The reward system acts in the prefrontal cortex (that manages emotions), the limbic system and the accumbens nucleus (brain center of pleasure and desire). In the risk aversion system the amygdala, insula, hypothalamus and locus coeruleus are involved. An example is to play in a casino.
- Financial bubbles and stock market cracks:
Already in 1916, Clement Juglar demonstrated that crises are cyclical. Its phases are: reactivation (optimism, excitement), boom (euphoria), crisis / recession (fear, despair), depression (panic) and again reactivation (relief, optimism). Serotonin is the brain chemical involved in the acquisition of numerous social behaviors.
"To effectively manipulate people, you need to convince that nobody manipulates them" (J.K. Galbraith). Drucker defined marketing in 1954 as "the vision of business from the customer's perspective" and 45 years later research began with neuroscientific techniques at Harvard (FMRI, EEG).
The main results of this discipline: gain or loss produces a biological change with direct effects on the brain and organism; against the repetition of stimuli, our brains unconsciously thinks that the stimulus will be repeated again; achieving a reward causes neuronal activity similar to cocaine or morphine; economic losses are recorded in the same area of the brain as the pain or risk of death are recorded; expectations of events produce more intense emotions than the actual events.
"Google" effect (activate the accumbens nucleus by money, sex, gifts, tobacco, alcohol, halo (everything good), devil (everything bad ), herd (where people go), fear (is less if others suffer, too), and other misperceptions.
- Factors determining purchasing processes:
Colors (red is power and passion, green is youth, blue is trust, purple is luxury, sophistication is black, yellow is affability, orange is comfort, pink is sweetness, brown is warmth, white is sobriety), sound (romantic music, rock, pop), smells (shoots contemplative buying 14% and none of the impulsive one), touch ... multisensory advertising.

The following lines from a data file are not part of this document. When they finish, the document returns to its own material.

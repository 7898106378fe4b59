-- ===== src/Embedder/Memory/Log.antt =====
-- The abstract memory: a log that only grows, of rows whose scope belongs to their member. Each
-- endpoint refines steps of it.
use project_nexus.Prelude.{
  ◌≡◌, sym, true, Option, none, some, [], ◌∷◌, String, ◌==◌, subst, fun_ext, Option-cases,
  Bool-cases, some_injective, arith, eq_iff, if◌then◌else◌, All, inl, inr, ◌∙◌,
}
use project_nexus.Py.Dict.{Dict, lookup}
use project_nexus.Py.Value.{str}
use project_nexus.Embedder.Scopes.Defs.{Meta, meta_or_empty, readable_scopes, among, origins}
use project_nexus.Embedder.Memory.Chroma.{Row, first_of}

-- The scope of a row is one that its member may read, and its origin is known.
pub record IsProvenanced (meta : Meta) : Type 0 where
  pub member : String
  pub scope : String
  pub origin : String
  pub has_member : lookup "member_id" meta ≡ some (str member)
  pub has_scope : lookup "scope" meta ≡ some (str scope)
  pub has_origin : lookup "origin" meta ≡ some (str origin)
  pub readable : among scope (readable_scopes member) ≡ true
  pub known : among origin origins ≡ true

abbrev pub IsLogged : {Vec : Type 0} → Row Vec → Type 0
IsLogged row = IsProvenanced (meta_or_empty row.metadata)

-- What stands under each id.
abbrev pub Contents : Type 0 → Type 0
Contents Vec = String → Option (Row Vec)

module _ {Vec : Type 0} where
  abbrev pub put : String → Row Vec → Contents Vec → Contents Vec
  put i row f j = if i == j then some row else f j

  -- the contents after a batch, whose rows do not replace any
  abbrev pub merge : Dict (Row Vec) → Contents Vec → Contents Vec
  merge batch f j = first_of (f j) (lookup j batch)

  -- The steps of the log: a row under a new id.
  pub data Log : Contents Vec → Contents Vec → Type 0 where
    same : {f : Contents Vec} → Log f f
    append :
        {f g : Contents Vec} (i : String) (row : Row Vec)
        → f i ≡ none
        → IsLogged row
        → Log (put i row f) g
        → Log f g

  merge_taken :
      (i : String) (row kept : Row Vec) (batch : Dict (Row Vec)) (f : Contents Vec)
      → f i ≡ some kept
      → merge ((i, row) ∷ batch) f ≡ merge batch f
  unfolding lookup
  merge_taken i row kept batch f h = fun_ext (λ j. ground (arith, eq_iff i j))

  merge_new :
      (i : String) (row : Row Vec) (batch : Dict (Row Vec)) (f : Contents Vec)
      → f i ≡ none
      → merge batch (put i row f) ≡ merge ((i, row) ∷ batch) f
  unfolding lookup
  merge_new i row batch f h = fun_ext (λ j. ground (arith, eq_iff i j))

  pub merge-Log :
      (batch : Dict (Row Vec)) (f : Contents Vec)
      → All (λ e. IsLogged e.1) batch
      → Log f (merge batch f)
  unfolding lookup
  merge-Log [] f h = subst (Log f) (fun_ext (λ j. ground arith)) same
  merge-Log ((i, row) ∷ batch) f h = elim (Option-cases (f i)) [
    | inl e ↦
        append i row e h.0 (
          subst (Log (put i row f)) (merge_new i row batch f e) (merge-Log batch (put i row f) h.1))
    | inr (kept, e) ↦ subst (Log f) (sym (merge_taken i row kept batch f e)) (merge-Log batch f h.1)
  ]

  pub Log-trans : {f g h : Contents Vec} → Log f g → Log g h → Log f h
  Log-trans same l = l
  Log-trans (append i row e p rest) l = append i row e p (Log-trans rest l)

  -- the log is append only
  pub Log-keeps :
      {f g : Contents Vec} (i : String) (row : Row Vec) → Log f g → f i ≡ some row → g i ≡ some row
  Log-keeps i row same h = h
  Log-keeps i row (append {f = f} j r e l rest) h =
      Log-keeps i row rest (ground (arith, eq_iff j i))

  -- what a log adds is provenanced
  pub Log-IsLogged :
      {f g : Contents Vec} (i : String) (row : Row Vec)
      → Log f g
      → f i ≡ none
      → g i ≡ some row
      → IsLogged row
  Log-IsLogged i row same h k = absurd (ground arith)
  Log-IsLogged i row (append {f = f} j r e l rest) h k = elim (Bool-cases (j == i)) [
    | inl t ↦ subst IsLogged (some_injective (sym (Log-keeps i r rest (ground arith)) ∙ k)) l
    | inr t ↦ Log-IsLogged i row rest (ground arith) k
  ]
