-- ===== src/Embedder/Scopes/Names.antt =====
-- The scope names of nodes/embedder_4070/scopes.py tell members and kinds of scope apart.
use Prim.Native.Char.{code}
use text.Mathlib.TextLemmas.{append_cancel_left, cons-append}
use project_nexus.Prelude.{ℕ, ◌≡◌, ◌≢◌, ap, String, arith}
use project_nexus.Embedder.Scopes.Defs.{private_scope, experiential_scope, shared_scope}

-- The first character.
first : String → ℕ
first String.[] = 0
first (String.◌∷◌ c s) = code c

first-private : (m : String) → first (private_scope m) ≡ b'p'
unfolding first private_scope
first-private m = ap first (cons-append "p" "rivate:" m)

first-experiential : (m : String) → first (experiential_scope m) ≡ b'e'
unfolding first experiential_scope
first-experiential m = ap first (cons-append "e" "xperiential:" m)

first-shared : first shared_scope ≡ b's'
unfolding first
first-shared = omega arith

pub private-ne-experiential : (a b : String) → private_scope a ≢ experiential_scope b
private-ne-experiential a b e =
    absurd (omega (arith, first-private a, first-experiential b, ap first e))

pub private-ne-shared : (a : String) → private_scope a ≢ shared_scope
private-ne-shared a e = absurd (omega (arith, first-private a, first-shared, ap first e))

pub experiential-ne-shared : (a : String) → experiential_scope a ≢ shared_scope
experiential-ne-shared a e = absurd (omega (arith, first-experiential a, first-shared, ap first e))

pub private_injective : (a b : String) → private_scope a ≡ private_scope b → a ≡ b
unfolding private_scope
private_injective a b e = append_cancel_left "private:" a b e

pub experiential_injective : (a b : String) → experiential_scope a ≡ experiential_scope b → a ≡ b
unfolding experiential_scope
experiential_injective a b e = append_cancel_left "experiential:" a b e

pub private-ne-empty : (a : String) → private_scope a ≢ ""
unfolding first
private-ne-empty a e = absurd (omega (arith, first-private a, ap first e))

- Neuromarketing applied to customer needs and brand positioning.
Maslow's pyramid serves to identify the needs of consumers. The probability that a client detects the most expensive wine is 50% (pure chance). Example: the "Pepsi Challenge" (which is a triumph of Coca-Cola as a brand).
- Neuromarketing applied to pricing strategies:
A sense of justice and fairness. We form perceptions of "high price", "unacceptable price", "unfair price" and also optimal, magical, expected, normal and prestige price (the most expensive is the best). Example: Nespresso (10 capsules with 50 oz of coffee at 3'30 €; 66 € the Kg. Illy is at 17'25 €. A 0.33 € capsule seems insignificant).

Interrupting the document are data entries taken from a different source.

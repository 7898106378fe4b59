-- ===== src/Embedder/Scopes/Provenance.antt =====
-- The paper trail of a promotion, and the migration of rows without a scope.
use project_nexus.Prelude.{
  ◌≡◌, refl, true, false, Option, none, some, List, [], ◌∷◌, String, arith, eq_iff, map, All, ◌==◌,
  Bool-cases, inl, inr, if◌then◌else◌,
}
use project_nexus.Py.Dict.{lookup, lookup-insert}
use project_nexus.Py.Value.{Value, str, truthy}
use project_nexus.Embedder.Scopes.Defs.{
  Meta, private_scope, shared_scope, household_member_id, ok, is_text, among, promotion_trail,
  build_promotion_metadata, has_scope, grandfather, plan_scope_backfill, meta_or_empty,
}
use project_nexus.Embedder.Scopes.Names.{private-ne-empty}

is_text_eq : (s : String) (o : Option Value) → is_text s o ≡ true → o ≡ some (str s)
unfolding is_text
is_text_eq s (some (str t)) h = ground (arith, eq_iff t s)
is_text_eq s none h = ground arith
is_text_eq s (some v) h = ground arith

-- What a lookup in a promoted row's metadata finds.
promoted_lookup :
    (k m by i : String) (meta : Meta)
    → lookup k (promotion_trail m by i meta) ≡ (
        if "promoted_by" == k
        then some (str by)
        else if "promoted_from_member" == k
        then some (str m)
        else if "promoted_from" == k
        then some (str i)
        else if "origin" == k
        then some (str "promotion")
        else if "member_id" == k
        then some (str household_member_id)
        else if "scope" == k
        then some (str shared_scope)
        else lookup k meta)
unfolding promotion_trail
promoted_lookup k m by i meta = simp lookup-insert

-- The keys that a promotion writes.
abbrev pub trail_keys : List String
trail_keys =
    "scope" ∷ "member_id" ∷ "origin" ∷ "promoted_from" ∷ "promoted_from_member" ∷ "promoted_by" ∷ []

promoted_kept :
    (meta : Meta) (m by i k : String)
    → among k trail_keys ≡ false
    → lookup k (promotion_trail m by i meta) ≡ lookup k meta
unfolding among
promoted_kept meta m by i k h = rw promoted_lookup (ground arith)

promoted_inv :
    (meta meta' : Meta) (m by i : String)
    → build_promotion_metadata meta m by i ≡ ok meta'
    → (lookup "scope" meta ≡ some (str (private_scope m))) × (meta' ≡ promotion_trail m by i meta)
unfolding build_promotion_metadata
promoted_inv meta meta' m by i h =
    ground (arith, is_text_eq (private_scope m) (lookup "scope" meta))

pub record IsPromotionOf (meta meta' : Meta) (m by i : String) : Type 0 where
  pub source : lookup "scope" meta ≡ some (str (private_scope m))
  pub scope : lookup "scope" meta' ≡ some (str shared_scope)
  pub member : lookup "member_id" meta' ≡ some (str household_member_id)
  pub origin : lookup "origin" meta' ≡ some (str "promotion")
  pub from_row : lookup "promoted_from" meta' ≡ some (str i)
  pub from_member : lookup "promoted_from_member" meta' ≡ some (str m)
  pub promoter : lookup "promoted_by" meta' ≡ some (str by)
  pub kept : (k : String) → among k trail_keys ≡ false → lookup k meta' ≡ lookup k meta

-- A promotion succeeds only for a row of the member's own private scope; the copy is shared, carries
-- its whole paper trail, and keeps every other key of the source row.
pub promotion_faithful :
    (meta meta' : Meta) (m by i : String)
    → build_promotion_metadata meta m by i ≡ ok meta'
    → IsPromotionOf meta meta' m by i
promotion_faithful meta meta' m by i h =
    let (source, made) = promoted_inv meta meta' m by i h in
    rw made (record {
      source = source;
      scope = promoted_lookup "scope" m by i meta;
      member = promoted_lookup "member_id" m by i meta;
      origin = promoted_lookup "origin" m by i meta;
      from_row = promoted_lookup "promoted_from" m by i meta;
      from_member = promoted_lookup "promoted_from_member" m by i meta;
      promoter = promoted_lookup "promoted_by" m by i meta;
      kept = promoted_kept meta m by i;
    })

grandfather_scope :
    (m : String) (ps : Option (List String)) (meta : Meta)
    → lookup "scope" (grandfather m ps meta) ≡ some (str (private_scope m))
unfolding grandfather
grandfather_scope m ps meta = simp lookup-insert

has_scope_private :
    (m : String) (meta : Meta)
    → lookup "scope" meta ≡ some (str (private_scope m))
    → has_scope meta ≡ true
unfolding has_scope truthy
has_scope_private m meta h = ground (arith, eq_iff (private_scope m) "", private-ne-empty m)

IsScoped : Option Meta → Type 0
IsScoped meta = has_scope (meta_or_empty meta) ≡ true

plan_none :
    (ids : List String) (metas : List (Option Meta)) (m : String) (ps : Option (List String))
    → All IsScoped metas
    → plan_scope_backfill ids metas m ps ≡ ([], [])
unfolding plan_scope_backfill IsScoped
plan_none [] metas m ps h = refl
plan_none (i ∷ ids) [] m ps h = refl
plan_none (i ∷ ids) (x ∷ metas) m ps h = rw (h.0, plan_none ids metas m ps h.1)

abbrev pub InPrivate : String → Meta → Type 0
InPrivate m meta = lookup "scope" meta ≡ some (str (private_scope m))

plan_private :
    (ids : List String) (metas : List (Option Meta)) (m : String) (ps : Option (List String))
    → All (InPrivate m) (plan_scope_backfill ids metas m ps).1
unfolding plan_scope_backfill
plan_private [] metas m ps = tt
plan_private (i ∷ ids) [] m ps = tt
plan_private (i ∷ ids) (x ∷ metas) m ps = elim (Bool-cases (has_scope (meta_or_empty x))) [
  | inl e ↦ rw e (plan_private ids metas m ps)
  | inr e ↦ rw e (grandfather_scope m ps (meta_or_empty x), plan_private ids metas m ps)
]

All-IsScoped :
    (m : String) (metas : List Meta) → All (InPrivate m) metas → All IsScoped (map some metas)
unfolding IsScoped meta_or_empty
All-IsScoped m [] h = tt
All-IsScoped m (x ∷ metas) h = (has_scope_private m x h.0, All-IsScoped m metas h.1)

-- The migration puts every row that it touches into the member's private scope, and it is
-- idempotent: planned again over the metadata that it wrote, for any member, it plans nothing.
pub backfill_idempotent :
    (ids ids' : List String) (metas : List (Option Meta)) (m m' : String)
    (ps ps' : Option (List String))
    → All (InPrivate m) (plan_scope_backfill ids metas m ps).1
      × (plan_scope_backfill ids' (map some (plan_scope_backfill ids metas m ps).1) m' ps'
          ≡ ([], []))
backfill_idempotent ids ids' metas m m' ps ps' =
    let scoped = plan_private ids metas m ps in
    (scoped, plan_none ids' _ m' ps' (All-IsScoped m _ scoped))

The Peter or incompetence Principle (linear development), expectations (Pygmalion effect). Trust in others has to do with oxytocin. Handsome people earn 12% more than ugly ones.
- Differences between male and female brain.

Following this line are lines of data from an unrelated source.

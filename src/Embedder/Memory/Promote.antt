-- ===== src/Embedder/Memory/Promote.antt =====
-- What `memory_promote` of nodes/embedder_4070/server.py leaves in the collection.
use project_nexus.Prelude.{
  ◌≡◌, refl, sym, ap, ◌∙◌, Bool, true, false, Option, none, some, [], ◌∷◌, String, subst, arith,
  eq_refl,
}
use project_nexus.Py.Dict.{Dict, lookup}
use project_nexus.Embedder.Scopes.Defs.{
  Meta, Checked, ok, value_error, meta_or_empty, promoted_id, build_promotion_metadata,
}
use project_nexus.Embedder.Scopes.Provenance.{IsPromotionOf, promotion_faithful}
use project_nexus.Embedder.Memory.Chroma.{Row, Chroma, add_documents, zip_rows, first_of}
use project_nexus.Embedder.Memory.Requests.{Response, returns, PromoteRequest, PromoteResponse}
use project_nexus.Embedder.Memory.Endpoints.{
  added, copy_row, promote_source, promote_target, memory_promote,
}

returns_injective : {A : Type 0} {a b : A} → ◌≡◌ {A = Response A} (returns a) (returns b) → a ≡ b
returns_injective h = cc

module _ {Coll Vec Dist : Type 0} (db : Chroma Coll Vec Dist) (encode : String → Vec) where
  -- The shared copy of a private row of the member, and the row itself, which stays.
  pub record IsShared (req : PromoteRequest) (c c' : Coll) : Type 0 where
    pub source : Row Vec
    pub meta : Meta
    pub stood : db.get c req.memory_id ≡ some source
    pub stays : db.get c' req.memory_id ≡ some source
    pub copy :
        db.get c' (promoted_id req.memory_id)
        ≡ some (record {
          document = source.document;
          embedding = source.embedding;
          metadata = some meta;
        })
    pub trail :
        IsPromotionOf
          (meta_or_empty source.metadata)
          meta
          req.member_id
          req.promoted_by
          req.memory_id

  -- What a response promises: no change where the row was promoted before, and otherwise the copy.
  abbrev pub Promised : Bool → PromoteRequest → Coll → Coll → Type 0
  Promised true req c c' =
      (c' ≡ c) × (row : Row Vec) × (db.get c (promoted_id req.memory_id) ≡ some row)
  Promised false req c c' = IsShared req c c'

  copy_batch : PromoteRequest → String → Vec → Meta → Dict (Row Vec)
  copy_batch req document e meta =
      (
        promoted_id req.memory_id,
        record { document = document; embedding = some e; metadata = some meta },
      )
      ∷ []

  shared :
      (req : PromoteRequest) (document : String) (e : Vec) (old : Option Meta) (meta : Meta)
      (c : Coll)
      → build_promotion_metadata (meta_or_empty old) req.member_id req.promoted_by req.memory_id
        ≡ ok meta
      → db.get c (promoted_id req.memory_id) ≡ none
      → db.get c req.memory_id
        ≡ some (record { document = document; embedding = some e; metadata = old })
      → IsShared req c (db.add (copy_batch req document e meta) c)
  unfolding copy_batch lookup
  shared req document e old meta c b t s = record {
    source = record { document = document; embedding = some e; metadata = old };
    meta = meta;
    stood = s;
    stays =
        db.get-add _ c req.memory_id
        ∙ ap (λ o. first_of o (lookup req.memory_id (copy_batch req document e meta))) s;
    copy =
        db.get-add _ c (promoted_id req.memory_id)
        ∙ ap (λ o. first_of o (lookup (promoted_id req.memory_id) (copy_batch req document e meta)))
            t
        ∙ ground (arith, eq_refl (promoted_id req.memory_id));
    trail =
        promotion_faithful (meta_or_empty old) meta req.member_id req.promoted_by req.memory_id b;
  }

  copied :
      (req : PromoteRequest) (document : String) (embedding : Option Vec) (old : Option Meta)
      (r : Checked Meta) (c c' : Coll) (resp : PromoteResponse)
      → build_promotion_metadata (meta_or_empty old) req.member_id req.promoted_by req.memory_id ≡ r
      → db.get c (promoted_id req.memory_id) ≡ none
      → db.get c req.memory_id
        ≡ some (record { document = document; embedding = embedding; metadata = old })
      → copy_row db encode req
          (record { document = document; embedding = embedding; metadata = old })
          r
          c
        ≡ (returns resp, c')
      → Promised resp.already_promoted req c c'
  unfolding copy_row added add_documents zip_rows copy_batch
  copied req document embedding old value_error c c' resp b t s h = absurd (ground arith)
  copied req document none old (ok meta) c c' resp b t s h = absurd (ground arith)
  copied req document (some e) old (ok meta) c c' resp b t s h =
      subst (λ r. Promised r.already_promoted req c c') (returns_injective (ap (λ p. p.0) h))
        (subst (λ d. IsShared req c d) (ap (λ p. p.1) h) (shared req document e old meta c b t s))

  promoted_from_source :
      (req : PromoteRequest) (source : Option (Row Vec)) (c c' : Coll) (resp : PromoteResponse)
      → db.get c (promoted_id req.memory_id) ≡ none
      → db.get c req.memory_id ≡ source
      → promote_source db encode req source c ≡ (returns resp, c')
      → Promised resp.already_promoted req c c'
  unfolding promote_source
  promoted_from_source req none c c' resp t s h = absurd (ground arith)
  promoted_from_source req (some row) c c' resp t s h =
      copied req row.document row.embedding row.metadata _ c c' resp refl t s h

  promoted_to_target :
      (req : PromoteRequest) (target : Option (Row Vec)) (c c' : Coll) (resp : PromoteResponse)
      → db.get c (promoted_id req.memory_id) ≡ target
      → promote_target db encode req target c ≡ (returns resp, c')
      → Promised resp.already_promoted req c c'
  unfolding promote_target
  promoted_to_target req (some row) c c' resp t h =
      subst (λ r. Promised r.already_promoted req c c') (returns_injective (ap (λ p. p.0) h))
        (sym (ap (λ p. p.1) h), row, t)
  promoted_to_target req none c c' resp t h =
      promoted_from_source req (db.get c req.memory_id) c c' resp t refl h

  promote_promised :
      (req : PromoteRequest) (c c' : Coll) (resp : PromoteResponse)
      → memory_promote db encode req c ≡ (returns resp, c')
      → Promised resp.already_promoted req c c'
  unfolding memory_promote
  promote_promised req c c' resp h =
      promoted_to_target req (db.get c (promoted_id req.memory_id)) c c' resp refl h

  promoted_before :
      (req : PromoteRequest) (b : Bool) (c c' : Coll)
      → Promised b req c c'
      → (row : Row Vec) × (db.get c' (promoted_id req.memory_id) ≡ some row)
  promoted_before req true c c' h =
      subst (λ d. (row : Row Vec) × (db.get d (promoted_id req.memory_id) ≡ some row)) (sym h.0)
        (h.1, h.2)
  promoted_before req false c c' h = (_, h.copy)

  again :
      (req : PromoteRequest) (c : Coll) (row : Row Vec)
      → db.get c (promoted_id req.memory_id) ≡ some row
      → memory_promote db encode req c ≡ (
        returns (record {
          promoted_id = promoted_id req.memory_id;
          promoted_from = req.memory_id;
          already_promoted = true;
        }),
        c,
      )
  unfolding memory_promote promote_target
  again req c row h = rw h refl

  -- A promotion that succeeds either finds the shared copy there and changes nothing, or puts the
  -- copy of a private row of the member, with its paper trail, beside the row, which stays as it was;
  -- after it, promoting the row again changes nothing and reports that it was promoted already.
  pub promote_once :
      (req : PromoteRequest) (c c' : Coll) (resp : PromoteResponse)
      → memory_promote db encode req c ≡ (returns resp, c')
      → Promised resp.already_promoted req c c'
        × (memory_promote db encode req c' ≡ (
          returns (record {
            promoted_id = promoted_id req.memory_id;
            promoted_from = req.memory_id;
            already_promoted = true;
          }),
          c',
        ))
  promote_once req c c' resp h =
      let promise = promote_promised req c c' resp h in
      let (row, there) = promoted_before req resp.already_promoted c c' promise in
      (promise, again req c' row there)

In 2001 a study was conducted over trading operations: men made up to 45% more, with a 1.4 % less annual return. Single men did 67% more operations with a profit of less than 2.3% compared to single women. Age does not influence decision making, except in financial issues (younger, due to less dopamine).
- Environmental influences on decision making.
"No one would remember the Good Samaritan if he'd only had good intentions; he also had money" (Margaret Thatcher). The light intensity makes prices go up (2003) and reduces our memory. Not sleeping affects our decision making (Duke University).
- Investments and purchases based on Neuroscience.
Five premises, no one can predict the future, companies with high expectations are especially dangerous, "the secret to making money in the stock market is to buy when everyone else sells and sell when everyone buys" (Warren Buffet), be careful with our expectations.